[Data for this exercise — start]

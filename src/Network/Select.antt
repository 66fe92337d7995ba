-- ===== src/Network/Select.antt =====
-- What the device does with the status of its interfaces: `network_config_is_healthy`,
-- `network_iface_state_of` and `network_select_default` of network_validate.c.
use cedar_switch_3i4o_power.Common.{
  ℕ, zero, suc, ◌<◌, ◌≤◌, ◌≡◌, ◌⊎◌, inl, inr, refl, Bool, true, false, ◌&&◌, ◌||◌, not, Option,
  none, some, ◌==◌, if◌then◌else◌, Bool-cases, arith,
}
use cedar_switch_3i4o_power.Network.Types.{
  DeviceIpv4, DeviceConfig, IfaceStatus, NetworkStatus, interface_ethernet, interface_wifi,
  ipv4_static,
}
use cedar_switch_3i4o_power.Network.Parts.{interface_enabled}

-- `enum network_iface_state`
pub data NetworkIfaceState : Type 0 where
  iface_disabled : NetworkIfaceState
  iface_down : NetworkIfaceState
  iface_connecting : NetworkIfaceState
  iface_connected : NetworkIfaceState
  iface_addressing : NetworkIfaceState
  iface_ready : NetworkIfaceState
  iface_failed : NetworkIfaceState

-- One round of the loop of `network_config_is_healthy`.
unfoldable pub iface_healthy : DeviceIpv4 → IfaceStatus → Bool → Bool
iface_healthy ipv4 st enabled =
    if not enabled
    then true
    else if not st.present || not st.link_up || not st.has_ipv4
    then false
    else not (ipv4.mode == ipv4_static && ipv4.has_gateway && not st.has_route)

unfoldable pub network_config_is_healthy : DeviceConfig → NetworkStatus → Bool
unfolding iface_healthy
network_config_is_healthy cfg status =
    iface_healthy cfg.ethernet.ipv4 status.ethernet cfg.ethernet.enabled
    && iface_healthy cfg.wifi.ipv4 status.wifi cfg.wifi.enabled

unfoldable pub network_iface_state_of : ℕ → IfaceStatus → Bool → NetworkIfaceState
network_iface_state_of iface st enabled =
    if not enabled
    then iface_disabled
    else if not st.present
    then iface_failed
    else if iface == interface_wifi && not st.wifi_associated
    then if st.wifi_connecting
      then iface_connecting
      else if st.wifi_failed
      then iface_failed
      else iface_down
    else if not st.link_up
    then iface_down
    else if st.has_ipv4
    then iface_ready
    else iface_addressing

unfoldable pub iface_status : NetworkStatus → ℕ → IfaceStatus
iface_status status iface = if iface == interface_ethernet then status.ethernet else status.wifi

unfoldable pub can_carry_traffic : DeviceConfig → NetworkStatus → ℕ → Bool
unfolding interface_enabled iface_status
can_carry_traffic cfg status iface =
    let st = iface_status status iface in
    interface_enabled cfg iface && st.present && st.link_up && st.has_ipv4

-- The preferred interface, Ethernet for a number that is none.
unfoldable pub preferred_of : DeviceConfig → ℕ
preferred_of cfg =
    if cfg.preferred_interface == interface_wifi then interface_wifi else interface_ethernet

unfoldable pub other_of : ℕ → ℕ
other_of preferred = if preferred == interface_wifi then interface_ethernet else interface_wifi

-- `*out` where the function returns true
unfoldable pub network_select_default : DeviceConfig → NetworkStatus → Option ℕ
unfolding can_carry_traffic preferred_of other_of
network_select_default cfg status =
    let preferred = preferred_of cfg in
    let other = other_of preferred in
    if can_carry_traffic cfg status preferred
    then some preferred
    else if can_carry_traffic cfg status other
    then some other
    else none

-- An interface carries traffic: it is enabled, present, up and has an address.
pub Carries : DeviceConfig → NetworkStatus → ℕ → Type 0
Carries cfg status zero =
    (cfg.ethernet.enabled ≡ true)
    × (status.ethernet.present ≡ true)
    × (status.ethernet.link_up ≡ true)
    × (status.ethernet.has_ipv4 ≡ true)
Carries cfg status (suc _) =
    (cfg.wifi.enabled ≡ true)
    × (status.wifi.present ≡ true)
    × (status.wifi.link_up ≡ true)
    × (status.wifi.has_ipv4 ≡ true)

-- The interface that the configuration prefers: the one it names, and Ethernet if it names none.
pub Prefers : DeviceConfig → ℕ → Type 0
Prefers cfg iface =
    ((cfg.preferred_interface ≡ iface) × (iface < 2))
    ⊎ ((2 ≤ cfg.preferred_interface) × (iface ≡ interface_ethernet))

-- The policy: an interface that carries traffic, the preferred one if it does, and none only if none does.
pub Policy : DeviceConfig → NetworkStatus → Option ℕ → Type 0
Policy cfg status none =
    (¬ Carries cfg status interface_ethernet) × (¬ Carries cfg status interface_wifi)
Policy cfg status (some iface) =
    (iface < 2)
    × Carries cfg status iface
    × (Prefers cfg iface ⊎ ((other : ℕ) × Prefers cfg other × (¬ Carries cfg status other)))

can_carry_traffic-Carries :
    (cfg : DeviceConfig) (status : NetworkStatus) (iface : ℕ)
    → can_carry_traffic cfg status iface ≡ true
    → Carries cfg status iface
unfolding can_carry_traffic Carries
can_carry_traffic-Carries cfg status zero h = ground arith
can_carry_traffic-Carries cfg status (suc n) h = ground arith

can_carry_traffic_not :
    (cfg : DeviceConfig) (status : NetworkStatus) (iface : ℕ)
    → can_carry_traffic cfg status iface ≡ false
    → ¬ Carries cfg status iface
unfolding can_carry_traffic Carries
can_carry_traffic_not cfg status zero h c = ground arith
can_carry_traffic_not cfg status (suc n) h c = ground arith

preferred_of-Prefers : (cfg : DeviceConfig) → Prefers cfg (preferred_of cfg)
unfolding preferred_of Prefers
preferred_of-Prefers cfg = ground arith

preferred_of-cases :
    (cfg : DeviceConfig)
    → ((preferred_of cfg ≡ interface_wifi) × (other_of (preferred_of cfg) ≡ interface_ethernet))
      ⊎ ((preferred_of cfg ≡ interface_ethernet) × (other_of (preferred_of cfg) ≡ interface_wifi))
unfolding preferred_of other_of
preferred_of-cases cfg = elim (Bool-cases (cfg.preferred_interface == interface_wifi)) [
  | inl h ↦ rw h (inl (refl, refl))
  | inr h ↦ rw h (inr (refl, refl))
]

in_range : (cfg : DeviceConfig) → (preferred_of cfg < 2) × (other_of (preferred_of cfg) < 2)
in_range cfg = elim (preferred_of-cases cfg) [
  | inl (is_wifi, is_eth) ↦ (rw is_wifi (omega arith), rw is_eth (omega arith))
  | inr (is_eth, is_wifi) ↦ (rw is_eth (omega arith), rw is_wifi (omega arith))
]

-- `network_select_default` follows the policy: what it chooses is enabled, present, up and has an
-- address, it is the interface that the configuration names (Ethernet, if that is none) unless that one
-- does not carry traffic, and nothing is chosen only if neither interface carries traffic.
pub network_select_default-Policy :
    (cfg : DeviceConfig) (status : NetworkStatus)
    → Policy cfg status (network_select_default cfg status)
unfolding Policy network_select_default
network_select_default-Policy cfg status =
    let preferred = preferred_of cfg in
    let other = other_of preferred in
    elim (Bool-cases (can_carry_traffic cfg status preferred)) [
      | inl first ↦ rw first (
        (in_range cfg).0,
        can_carry_traffic-Carries cfg status preferred first,
        inl (preferred_of-Prefers cfg),
      )
      | inr no_first ↦ elim (Bool-cases (can_carry_traffic cfg status other)) [
        | inl second ↦
            rw (no_first, second)
              (
                (in_range cfg).1,
                can_carry_traffic-Carries cfg status other second,
                inr (
                  preferred,
                  preferred_of-Prefers cfg,
                  can_carry_traffic_not cfg status preferred no_first,
                ),
              )
        | inr no_second ↦ rw (no_first, no_second) (neither no_first no_second)
      ]
    ]
  where
    neither :
        can_carry_traffic cfg status (preferred_of cfg) ≡ false
        → can_carry_traffic cfg status (other_of (preferred_of cfg)) ≡ false
        → (¬ Carries cfg status interface_ethernet) × (¬ Carries cfg status interface_wifi)
    neither p o =
        let at_first = can_carry_traffic_not cfg status (preferred_of cfg) p in
        let at_other = can_carry_traffic_not cfg status (other_of (preferred_of cfg)) o in
        elim (preferred_of-cases cfg) [
          | inl (is_wifi, is_eth) ↦ (rw is_eth at at_other, rw is_wifi at at_first)
          | inr (is_eth, is_wifi) ↦ (rw is_eth at at_first, rw is_wifi at at_other)
        ]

[Data for this exercise — finish]

◆ What the exercise asks ◆
Copy every line from the records that holds the string "where".

◆ Output for this task ◆
pub data NetworkIfaceState : Type 0 where
-- `*out` where the function returns true
  where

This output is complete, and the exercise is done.